Helping the locals, as usual. Honest counsel; advisor, keeping the loonies at bay and people sweet; later leading a small army. But they'd assumed he'd betray them, and that he'd use the army he'd trained as his own power base. So, on the eve of their victory, the very hour they'd finally stormed the Sanctum, they'd struck at him, too.

They'd taken him to the furnace room, stripped him naked; he'd escaped, but soldiers had been pounding down the stairs and he'd had to run. He'd been forced into the river, when they cornered him again. The dive almost knocked him out. Currents took him and he spun, lazily… he woke up in the morning, under a winch housing on a big river barge; he had no idea how he'd got there. There was a rope trailing astern, and he could only guess he'd climbed up that. His head still hurt.

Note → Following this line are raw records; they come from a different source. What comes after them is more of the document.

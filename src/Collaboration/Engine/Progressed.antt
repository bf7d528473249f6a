-- ===== src/Collaboration/Engine/Progressed.antt =====
-- The variables of `_require_deterministic_transition_replay` beside the values that the engine
-- derives from the histories of a state.
use super_scientist_orchestr.Prelude.{
  ℕ, ◌+◌, String, ◌≡◌, refl, sym, ap, ◌∙◌, true, false, Option, none, some, List, [], ◌∷◌, ◌++◌,
  map, arith, ltb, if◌then◌else◌, ◌==◌, ◌!=◌, ==_iff, ==_comm, nat_eq, string_eq, option_eq,
  list_eq, pair_eq, bool_eq, length, any, length-append, contains, get_elem?, last, before_last,
  last-append, before_last-append, get_elem?-length, bind_inv, bind_intro, guard_intro, some_inj,
}
use mathlib.Core.Option
use super_scientist_orchestr.Collaboration.{
  Resources, TopologySnapshot, TopologyEvent, CollaborationTransition, PeerRequest,
  PeerContribution, CollaborationState, CollaborationSession, Platform,
}
use super_scientist_orchestr.Collaboration.Usage.{
  accumulate, accumulate-append, add_usage, within_budget,
}
use super_scientist_orchestr.Collaboration.Topology.{count, eligible_peer_ids, first}
use super_scientist_orchestr.Collaboration.Termination.{
  completion_satisfied, completion_from_summary, summarize, topology_hashes, churn_count, peers_of,
  kinds_of, semantic_state_hash, contribution_depths, add_depth,
}
use super_scientist_orchestr.Collaboration.Integrity.Replay.{
  Progress, summary_of, semantics_of, cycle_hash_of, observe, replay_event, replay_exchange,
}
use super_scientist_orchestr.Collaboration.Engine.{exchanged, rearranged}
use super_scientist_orchestr.Collaboration.Observation.{
  cycle_of, semantics, with_hashes, request_ids_of,
}

unfoldable pub progress_of : Platform → CollaborationState → List (String × ℕ) → Progress
progress_of platform s depths = record {
  topology_index = length s.topology_events;
  peer_index = length s.contributions;
  last_peer_id = last (peers_of s.contributions);
  topology = s.topology;
  peer_counts = peers_of s.contributions;
  kind_counts = kinds_of s.contributions;
  cycle_counts = s.cycle_projection_hashes;
  topology_hashes = topology_hashes s.topology_history;
  churn_count = churn_count (topology_hashes s.topology_history);
  prior_topology_hash = before_last (topology_hashes s.topology_history);
  used = accumulate s.usage_history;
  request_ids = request_ids_of platform s.requests;
  depths = depths;
  completed = s.completed;
}

pub map-append-last :
    {A : Type 0} (f : A → String) (xs : List A) (x : A)
    → map f (xs ++ x ∷ []) ≡ map f xs ++ f x ∷ []
map-append-last f [] x = refl
map-append-last f (y ∷ xs) x = ap (λ l. f y ∷ l) (map-append-last f xs x)

module _ (platform : Platform) where
  -- The replay and the engine stop for the same reason.
  pub summary_of-progress_of :
      (s : CollaborationState) (depths : List (String × ℕ))
      → summary_of (progress_of platform s depths) ≡ summarize s
  unfolding summary_of progress_of summarize
  summary_of-progress_of s depths = refl

  observe-intro :
      (session : CollaborationSession) (hashes cycles : List String) (position : ℕ) (p : Progress)
      → get_elem? hashes position
        ≡ some (
            semantic_state_hash platform session
              (semantics_of p (p.cycle_counts ++ cycle_hash_of platform session p ∷ [])))
      → get_elem? cycles position ≡ some (cycle_hash_of platform session p)
      → observe platform session hashes cycles position p
        ≡ some (record p { cycle_counts = p.cycle_counts ++ cycle_hash_of platform session p ∷ [] })
  unfolding observe
  observe-intro session hashes cycles position p h k =
      let semantic =
        semantic_state_hash platform session
          (semantics_of p (p.cycle_counts ++ cycle_hash_of platform session p ∷ [])) in
      ground (
        arith,
        ==_iff (get_elem? hashes position) (some semantic),
        ==_iff (get_elem? cycles position) (some (cycle_hash_of platform session p)),
      )

  -- The hashes that the engine appends are those that the replay derives.
  pub observe-with_hashes :
      (s : CollaborationState) (depths : List (String × ℕ))
      → length s.cycle_projection_hashes ≡ length s.observed_state_hashes
      → observe platform s.session
          (with_hashes platform s
            (before_last (topology_hashes s.topology_history))
            (churn_count (topology_hashes s.topology_history))
            depths).observed_state_hashes
          (s.cycle_projection_hashes ++ cycle_of platform s ∷ [])
          (length s.observed_state_hashes)
          (progress_of platform s depths)
        ≡ some (
            progress_of platform
              (with_hashes platform s
                (before_last (topology_hashes s.topology_history))
                (churn_count (topology_hashes s.topology_history))
                depths)
              depths)
  unfolding with_hashes progress_of cycle_of semantics semantics_of
  observe-with_hashes s depths g =
      observe-intro s.session _ _ (length s.observed_state_hashes) (progress_of platform s depths)
        (get_elem?-length s.observed_state_hashes [] _)
        (ap (get_elem? (s.cycle_projection_hashes ++ cycle_of platform s ∷ [])) (sym g)
          ∙ get_elem?-length s.cycle_projection_hashes [] (cycle_of platform s))

  -- The completion predicate on a counter of kinds.
  count-any :
      (kind : String) (cs : List PeerContribution)
      → ltb 0 (count kind (kinds_of cs)) ≡ any (λ c. c.contribution_kind == kind) cs
  count-any kind [] = refl
  count-any kind (c ∷ cs) = ground (arith, ==_comm kind c.contribution_kind, count-any kind cs)

  pub completion-from_summary :
      (session : CollaborationSession) (cs : List PeerContribution)
      → completion_from_summary session (length cs) (kinds_of cs) ≡ completion_satisfied session cs
  unfolding completion_from_summary completion_satisfied
  completion-from_summary session cs =
      by_kind session.completion_predicate.required_contribution_kind
    where
      by_kind :
          (kind : Option String)
          → (if ltb (length cs) session.completion_predicate.min_contributions
              then false
              else elim kind [ none ↦ true | some k ↦ ltb 0 (count k (kinds_of cs)) ])
            ≡ (if ltb (length cs) session.completion_predicate.min_contributions
                then false
                else elim kind [ none ↦ true | some k ↦ any (λ c. c.contribution_kind == k) cs ])
      by_kind none = refl
      by_kind (some k) = rw (count-any k cs)

  pub churn-append :
      (hs : List String) (h : String)
      → churn_count (hs ++ h ∷ []) ≡ churn_count hs + (if before_last hs == some h then 1 else 0)
  churn-append [] h = refl
  churn-append (a ∷ []) h = refl
  churn-append (a ∷ b ∷ []) h = ground (arith, ==_comm h a)
  churn-append (a ∷ b ∷ c ∷ rest) h = ground (arith, churn-append (b ∷ c ∷ rest) h)

  pub last-map :
      {A : Type 0} (f : A → String) (xs : List A) {x : A}
      → last xs ≡ some x
      → last (map f xs) ≡ some (f x)
  last-map f [] h = cc
  last-map f (y ∷ []) h = ap (Option.map f) h
  last-map f (y ∷ z ∷ zs) h = last-map f (z ∷ zs) h

  pub contribution_depths-append :
      (depths : List (String × ℕ)) (cs : List PeerContribution) (c : PeerContribution)
      {depths' depths'' : List (String × ℕ)}
      → contribution_depths depths cs ≡ some depths'
      → add_depth depths' c ≡ some depths''
      → contribution_depths depths (cs ++ c ∷ []) ≡ some depths''
  unfolding contribution_depths
  contribution_depths-append depths [] c {depths'} {depths''} h k =
      bind_intro (λ d. contribution_depths d []) (rw (some_inj h) k) refl
  contribution_depths-append depths (x ∷ cs) c h k =
      let (d, first_added, rest) = bind_inv (add_depth depths x) _ h in
      bind_intro _ first_added (contribution_depths-append d cs c rest k)

  -- One exchange takes the replay to the state that the engine makes of it.
  pub exchange-progress_of :
      (s : CollaborationState) (t : CollaborationTransition) (request : PeerRequest)
      (contribution : PeerContribution) (usage : Resources) (depths depths' : List (String × ℕ))
      → t.request_id ≡ some request.request_id
      → t.contribution_id ≡ some contribution.contribution_id
      → request.sender_id ≡ last (peers_of s.contributions)
      → first (
          eligible_peer_ids s.session s.topology
            (peers_of s.contributions)
            (last (peers_of s.contributions)))
        ≡ some request.recipient_id
      → within_budget (add_usage (accumulate s.usage_history) usage) s.session.budget.resources
        ≡ true
      → add_depth depths contribution ≡ some depths'
      → contains (request_ids_of platform s.requests) request.request_id ≡ false
      → replay_exchange platform s.session t
          (progress_of platform s depths)
          request
          contribution
          usage
        ≡ some (
            progress_of platform
              (exchanged platform s.session s request contribution usage)
              depths')
  unfolding progress_of exchanged replay_exchange
  exchange-progress_of s t request contribution usage depths depths' e1 e2 e3 e4 e5 e6 fresh =
      let more = s.contributions ++ contribution ∷ [] in
      guard_intro
        (ground (
          arith,
          ==_iff t.request_id (some request.request_id),
          ==_iff t.contribution_id (some contribution.contribution_id),
          ==_iff request.sender_id (last (peers_of s.contributions)),
          ==_iff
              (first (
                eligible_peer_ids s.session s.topology (peers_of s.contributions)
                  (last (peers_of s.contributions))))
              (some request.recipient_id),
        ))
        (bind_intro _ e6 (
          ground (
            arith,
            map-append-last (λ c. c.peer_id) s.contributions contribution,
            map-append-last (λ c. c.contribution_kind) s.contributions contribution,
            map-append-last (λ r. r.request_id) s.requests request,
            last-append (peers_of s.contributions) contribution.peer_id,
            accumulate-append s.usage_history usage,
            length-append s.contributions (contribution ∷ []),
            completion-from_summary s.session more,
          )))

  -- One event takes the replay to the state that the engine makes of it.
  pub event-progress_of :
      (s : CollaborationState) (t : CollaborationTransition) (event : TopologyEvent)
      (after : TopologySnapshot) (depths : List (String × ℕ))
      → t.topology_event_id ≡ some event.event_id
      → last s.topology_history ≡ some s.topology
      → replay_event platform s.session t (progress_of platform s depths) event after
        ≡ some (progress_of platform (rearranged platform s.session s event after) depths)
  unfolding progress_of rearranged replay_event
  event-progress_of s t event after depths e1 e2 =
      guard_intro {b = t.topology_event_id != some event.event_id}
        (ground (arith, ==_iff t.topology_event_id (some event.event_id)))
        (ground (
          arith,
          map-append-last (λ h. h.content_hash) s.topology_history after,
          length-append s.topology_events (event ∷ []),
          before_last-append (topology_hashes s.topology_history) after.content_hash,
          churn-append (topology_hashes s.topology_history) after.content_hash,
          last-map (λ h. h.content_hash) s.topology_history e2,
        ))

He took some clothes which were drying on a line behind the wheelhouse, but he was seen; he dived overboard with them, swam to the shore. He'd still been hounded, and all the time he was forced further away from the city and Sanctum, where the Culture might look for him. He spent hours trying to work out how to contact them.

He'd been on a stolen mount, skirting the edge of a water-filled volcanic crater when the robbers struck; they'd beaten him and raped him and cut the tendons in his legs and tossed him into the stinking, yellow-tinged waters of the crater lake, then thrown boulders at him as he tried to swim away, using only his arms, legs floating uselessly behind him.

He knew one of the rocks would hit him sooner or later, so he tried to coax up some of that wonderful Culture training, quickly hyperventilated, and then dived. He only had to wait a couple of seconds. A big rock splashed into the water, in the line of bubbles he'd left when he dived; he embraced the rock like a lover as it wobbled down towards him, and let it take him deep into the darkness of the lake, switching off the way he'd been taught to, but not really caring very much if it didn't work, and he never woke up again.

He'd thought ten minutes when he dived. He woke up in crushing darkness; remembered, and dragged his arms out from under the rock. He kicked for the light but nothing happened. He used his arms. The surface came down to meet him, eventually. Air had never tasted so sweet.

The walls of the crater lake were sheer; the tiny rock island was the only place to swim to. Screeching birds lifted from the island as he thrashed his way ashore.

At least, he thought, as he dragged himself onto the rock through the guano, it wasn't the priests that found me. Then I'd really have been in trouble.

The bends set in a few minutes later, like slow acid seeping into every joint, and he wished the priests had got him.

Still — he told himself, talking to keep his mind away from the pain — they would come for him; the Culture would come down with a beautiful big ship and they would take him up and make it all better.

He was sure they would. He'd be looked after and made better and he'd be safe, very safe and well looked after and free from pain, back in their paradise, and it would be like… like being a child again; like being in the garden again. Except — some rogue part of his mind reminded him — bad things happened in gardens too, sometimes.

Darckense got the armoury guard to help her with a door that was stuck, along the corridor, just round the corner. Cheradenine slipped in and took the autorifle Elethiomel had described. He got back out, covering the gun in a cape, and heard Darckense thanking the guard profusely. They all met up in the rear hall cloakroom, where they whispered excitedly in the comforting smell of wet cloth and floor polish, and took turns holding the gun. It was very heavy.